Cultura

Le maschere, Venezia e il Carnevale:
tra leggenda e realtà

VENEZIA – Sin dai tempi antichi la maschera ha avuto due funzioni: quella di celare l’identità e di trasformare la natura di chi la indossa. Indossando una maschera (non dimentichiamolo, in latino persona) nascondiamo al mondo i nostri tratti ed assumiamo le sembianze di chi o di ciò che ci pare. In prima battuta sono il teatro e le cerimonie religiose ad assumere il costume di indossare questi semplici oggetti concavi che ci velano, oggetti dal grande potere metamorfico. E in questi giorni di galani e frittelle come non pensare alle maschere colorate che popolano le calli e i campielli lagunari fino alle grandi sfilate in piazza San Marco? Ma la maschera ha sempre fatto parte della tradizione veneziana, anche slegata dal Carnevale? Scopriamolo insieme.

Il Carnevale di Venezia è sicuramente una delle ricorrenze italiane più conosciute ed ammirate al mondo grazie ai numerosi eventi organizzati ogni anno, dal volo dell’angelo o della colombina in piazza San Marco ai vari balli mascherati che fanno rivivere gli splendori dogali nei nobili palazzi sparsi per la città.
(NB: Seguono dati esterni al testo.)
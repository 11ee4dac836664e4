-- ===== src/Cqlite/Named.antt =====
-- Which scans backend/app/db/cqlite_client.py counts for a statement.
use open_htap_stack.Prelude.{
  ℕ, ◌+◌, ◌≡◌, refl, ap, String, Bool, true, false, ◌||◌, Bool-cases, inl, inr, some, List, [], ◌∷◌,
  ==_iff, arith,
}
use open_htap_stack.Prelude.Chars.{codes, lower, behind}
use open_htap_stack.Cqlite.Client.{Directory, is_prefix, is_in}
use open_htap_stack.Cqlite.Figures.{Scan, scans_of, sum_of, measured, collect_measured}

prefix_trans :
    (a b s : List ℕ)
    → is_prefix (behind a b) ≡ true
    → is_prefix (behind b s) ≡ true
    → is_prefix (behind a s) ≡ true
unfolding behind
prefix_trans [] b s h k = refl
prefix_trans (x ∷ a) [] s h k = cc
prefix_trans (x ∷ a) (y ∷ b) [] h k = cc
prefix_trans (x ∷ a) (y ∷ b) (z ∷ s) h k =
    ground (arith, prefix_trans a b s, ==_iff x y, ==_iff y z)

nothing_in : (a s : List ℕ) → is_prefix (behind a []) ≡ true → is_in a s ≡ true
unfolding behind is_in
nothing_in [] [] h = refl
nothing_in [] (c ∷ s) h = refl
nothing_in (x ∷ a) s h = cc

or_true : (b : Bool) → (b || true) ≡ true
or_true true = refl
or_true false = refl

no_prefix : (y : ℕ) (b : List ℕ) → is_prefix (behind (y ∷ b) []) ≡ true → ⊥
unfolding behind
no_prefix y b h = cc

tail_prefix :
    (y z : ℕ) (b s : List ℕ)
    → is_prefix (behind (y ∷ b) (z ∷ s)) ≡ true
    → is_prefix (behind b s) ≡ true
unfolding behind
tail_prefix y z b s h = ground arith

in_prefix : (a b s : List ℕ) → is_in a b ≡ true → is_prefix (behind b s) ≡ true → is_in a s ≡ true
unfolding is_in
in_prefix a [] s h k = nothing_in a s h
in_prefix a (y ∷ b) [] h k = absurd (no_prefix y b k)
in_prefix a (y ∷ b) (z ∷ s) h k = elim (Bool-cases (is_prefix (behind a (y ∷ b)))) [
  | inl e ↦ rw (prefix_trans a (y ∷ b) (z ∷ s) e k) refl
  | inr e ↦ rw (in_prefix a b s (rw e at h) (tail_prefix y z b s k)) (or_true _)
]

-- What is in a part of a text is in the text.
is_in_trans : (a b s : List ℕ) → is_in a b ≡ true → is_in b s ≡ true → is_in a s ≡ true
unfolding is_in
is_in_trans a b [] h k = in_prefix a b [] h k
is_in_trans a b (c ∷ s) h k = elim (Bool-cases (is_prefix (behind b (c ∷ s)))) [
  | inl e ↦ in_prefix a b (c ∷ s) h e
  | inr e ↦ rw (is_in_trans a b s h (rw e at k)) (or_true _)
]

-- The name of the one table is in that of the other.
events_in : is_in (codes "events") (codes "drone_events_by_entity") ≡ true
unfolding is_in behind
events_in = refl

abbrev pub all_registered : Directory → Directory → Directory → List (String × Directory)
all_registered d e f =
    ("events", d) ∷ ("drone_latest_status", e) ∷ ("drone_events_by_entity", f) ∷ []

-- With all tables registered, a statement that names drone_events_by_entity, and drone_latest_status
-- nowhere, is reported with the files and the bytes of two scans: its own, and the one that
-- `events` had last, whether it names that table or not.
pub collect_measured-counts_events :
    (last_scan : String → Scan) (sql : List ℕ) (d e f : Directory)
    → is_in (codes "drone_events_by_entity") (lower sql) ≡ true
    → is_in (codes "drone_latest_status") (lower sql) ≡ false
    → ((collect_measured last_scan sql (all_registered d e f)).files
        ≡ some ((last_scan "events").files + (last_scan "drone_events_by_entity").files))
      × ((collect_measured last_scan sql (all_registered d e f)).bytes
          ≡ some ((last_scan "events").bytes + (last_scan "drone_events_by_entity").bytes))
unfolding collect_measured scans_of measured sum_of
collect_measured-counts_events last_scan sql d e f named other =
    rw
      (
        is_in_trans (codes "events") (codes "drone_events_by_entity") (lower sql) events_in named,
        other,
        named,
      )
      (ap some (omega arith), ap some (omega arith))
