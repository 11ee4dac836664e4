-- ===== src/Cqlite/Registered.antt =====
-- Which tables `CqliteClient` of backend/app/db/cqlite_client.py has registered over its retries.
use open_htap_stack.Prelude.{
  ℕ, ◌-◌, ◌≤◌, ◌<◌, ◌≡◌, String, true, false, ◌&&◌, Bool-cases, inl, inr, none, some, ltb, ◌==◌,
  length, contains, lookup, arith,
}
use open_htap_stack.Cqlite.Client.{
  cqlite_tables, retry_after_s, Directory, done, Site, Client, try_register, is_empty, no_tables,
  connect, register_missing, ensure_registered,
}
use open_htap_stack.Cqlite.Loops.{
  register_missing_all-registers, both_true, all_true, register_all-registers,
}

-- A client that has registered nothing has no session, or one with nothing in it.
abbrev pub HasSession : Client → Type 0
HasSession c = is_empty c.providers ≡ false → c.ctx ≡ true

connect-registers :
    (s : Site) (now : ℕ) (c : Client) (asked : String) (d : Directory)
    → (s.imports && s.cassandra) ≡ true
    → try_register s asked ≡ done d
    → contains asked cqlite_tables ≡ true
    → lookup asked (connect s now c).providers ≡ some d
unfolding connect
connect-registers s now c asked d e opens h =
    rw e (register_all-registers s cqlite_tables asked d no_tables opens h)

register_missing-registers :
    (s : Site) (now : ℕ) (c : Client) (asked : String) (d : Directory)
    → (c.ctx && s.imports && s.cassandra) ≡ true
    → try_register s asked ≡ done d
    → contains asked cqlite_tables ≡ true
    → lookup asked c.providers ≡ none
    → lookup asked (register_missing s now c).providers ≡ some d
unfolding register_missing
register_missing-registers s now c asked d e opens h n = rw e (
    register_missing_all-registers s cqlite_tables asked d
      (record { providers = c.providers; declined = c.declined }) opens h n)

-- A table that came late is taken up: at the first retry 30 seconds or more after the last attempt, with
-- the modules there and Cassandra connected, a table that is not registered and whose directory can be
-- found and opened by then is registered with that directory, whatever becomes of the other tables.
pub ensure_registered-recovers :
    (s : Site) (now : ℕ) (c : Client) (asked : String) (d : Directory)
    → HasSession c
    → length c.providers < length cqlite_tables
    → retry_after_s ≤ now - c.attempted_at
    → s.imports ≡ true
    → s.cassandra ≡ true
    → contains asked cqlite_tables ≡ true
    → try_register s asked ≡ done d
    → lookup asked c.providers ≡ none
    → lookup asked (ensure_registered s now c).providers ≡ some d
unfolding ensure_registered
ensure_registered-recovers s now c asked d session some_missing late i k h opens n =
    rw
      (
        let e : (length c.providers == length cqlite_tables) ≡ false = ground arith in e,
        let f : ltb (now - c.attempted_at) retry_after_s ≡ false = ground arith in f,
      )
      (elim (Bool-cases (is_empty c.providers)) [
        | inl g ↦
            rw g (connect-registers s now c asked d (both_true s.imports s.cassandra i k) opens h)
        | inr g ↦ rw g (
            register_missing-registers s now c asked d
              (all_true c.ctx s.imports s.cassandra (session g) i k) opens h n)
      ])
Storicamente il Carnevale era un periodo che durava da ottobre ai giorni pre-pasquali in cui, tra le molte attività ludiche, si organizzava la stagione teatrale ed operistica che, altrimenti, taceva negli altri mesi dell’anno. Alla fine del 1200 la città di Venezia dichiarò il Carnevale festività cittadina e da allora, fino alle conquiste napoleoniche della fine del ‘700, fu una costante per la popolazione. Alla fine del medioevo nasceva la figura del mascarero, ovvero l’artigiano che lavora il cuoio, la cartapesta, gesso e garza decorandola in maniera più o meno sfarzosa. L’Arte dei Mascareri (mascherai) aveva anche un proprio statuto, chiamato la Mariegola, conservato nell’Archivio di Stato di Venezia che risale al 1436.

Le prime leggi della Repubblica Serenissima sulle maschere e il loro uso (insieme a quello di cappe e tabarri sotto le cui falde era facile nascondere spadini ed armi) risalgono al 1268. Nel Settecento – il secolo di Antonio Vivaldi, Carlo Goldoni, Giacomo Casanova e Lorenzo da Ponte – la maschera più usata era la bauta (o bautta), costituita dal zendal (o cappuccio) di pizzo o seta, un tricorno e la larva – una maschera bianca – e da un tabarro (mantello nero). La parola “larva” deriva anch’essa dal latino e significa fantasma. Il successo della bauta era ed è sicuramente legato alla sua semplicità e al fatto che permetteva di muoversi a Venezia senza essere riconosciuti: sovrani in incognito, educande, agenti segreti, spie papaline, monache viziose uscite di nascosto dai conventi potevano muoversi liberamente e con discrezione.

Ancora oggi la bauta è una delle figure più richieste: permette di bere e mangiare senza togliersi la maschera, distorce la voce, si usa per strada, al casinò, a teatro, alle feste, negli incontri galanti e ogni volta che si desidera il totale anonimato. Ma con l’avvento delle truppe napoleoniche prima e la dominazione austriaca dopo, il Carnevale non perse solo di vigore ma venne ufficialmente bandito dalle autorità straniere di stanza in laguna. Tra l’ ‘800 e i primi decenni del ‘900 sono pochi e non memorabili i balli mascherati, avulsi spesso dalla ricorrenza carnascialesca.

È subito dopo gli anni di piombo – gli anni ’70 – che Venezia arriva a riscoprire la tradizione dei mascheramenti per le calli della città, tra giocolieri, saltimbanchi e teatrini in strada. Precisamente nel 1979 il Carnevale conosce nuova vita grazie a feste spontanee dei cittadini veneziani, riappropriatisi di campi e campielli per travestirsi e ballare, un avvenimento che non si verificava da tempo.

Il 1980 è l’anno che consacra la rinascita ufficiale del Carnevale in laguna: i festeggiamenti spontanei dei cittadini vengono non solo replicati ma assumono proporzioni straordinarie grazie al regista Maurizio Scaparro (che ci ha lasciati il 17 febbraio di quest’anno a 90 anni) a cui viene affidata quella che oggi si chiama direzione artistica di un evento che coinvolge l’intero tessuto urbano, canali inclusi: con la sua incomparabile e colta creatività, Scaparro immagina la città come un unico grande palcoscenico su cui si dipanano i lazzi di saltimbanchi e gli scherzi della popolazione in maschera. È l’anno del famoso “Carnevale del Teatro” che accoglie in città grandi attori e commedianti, tra i quali Dario Fo.

Ed è proprio in questo nuovo slancio di entusiasmo che nel 1982 nasce il noto gemellaggio tra Napoli e Venezia che porterà quest’ultima ad essere letteralmente invasa da centinaia di Pulcinella. Da allora la storia del Carnevale lagunare – che ad oggi dura poco più di una decina di giorni e culmina nei festeggiamenti del Martedì Grasso – è cosa nota; maschereri e mascherere mettono al servizio di clienti e turisti l’antica arte riscoperta nel secondo Novecento, una tradizione artigiana che rende le vetrine delle botteghe veneziane colorate e ha fatto della maschera il simbolo per eccellenza di Venezia.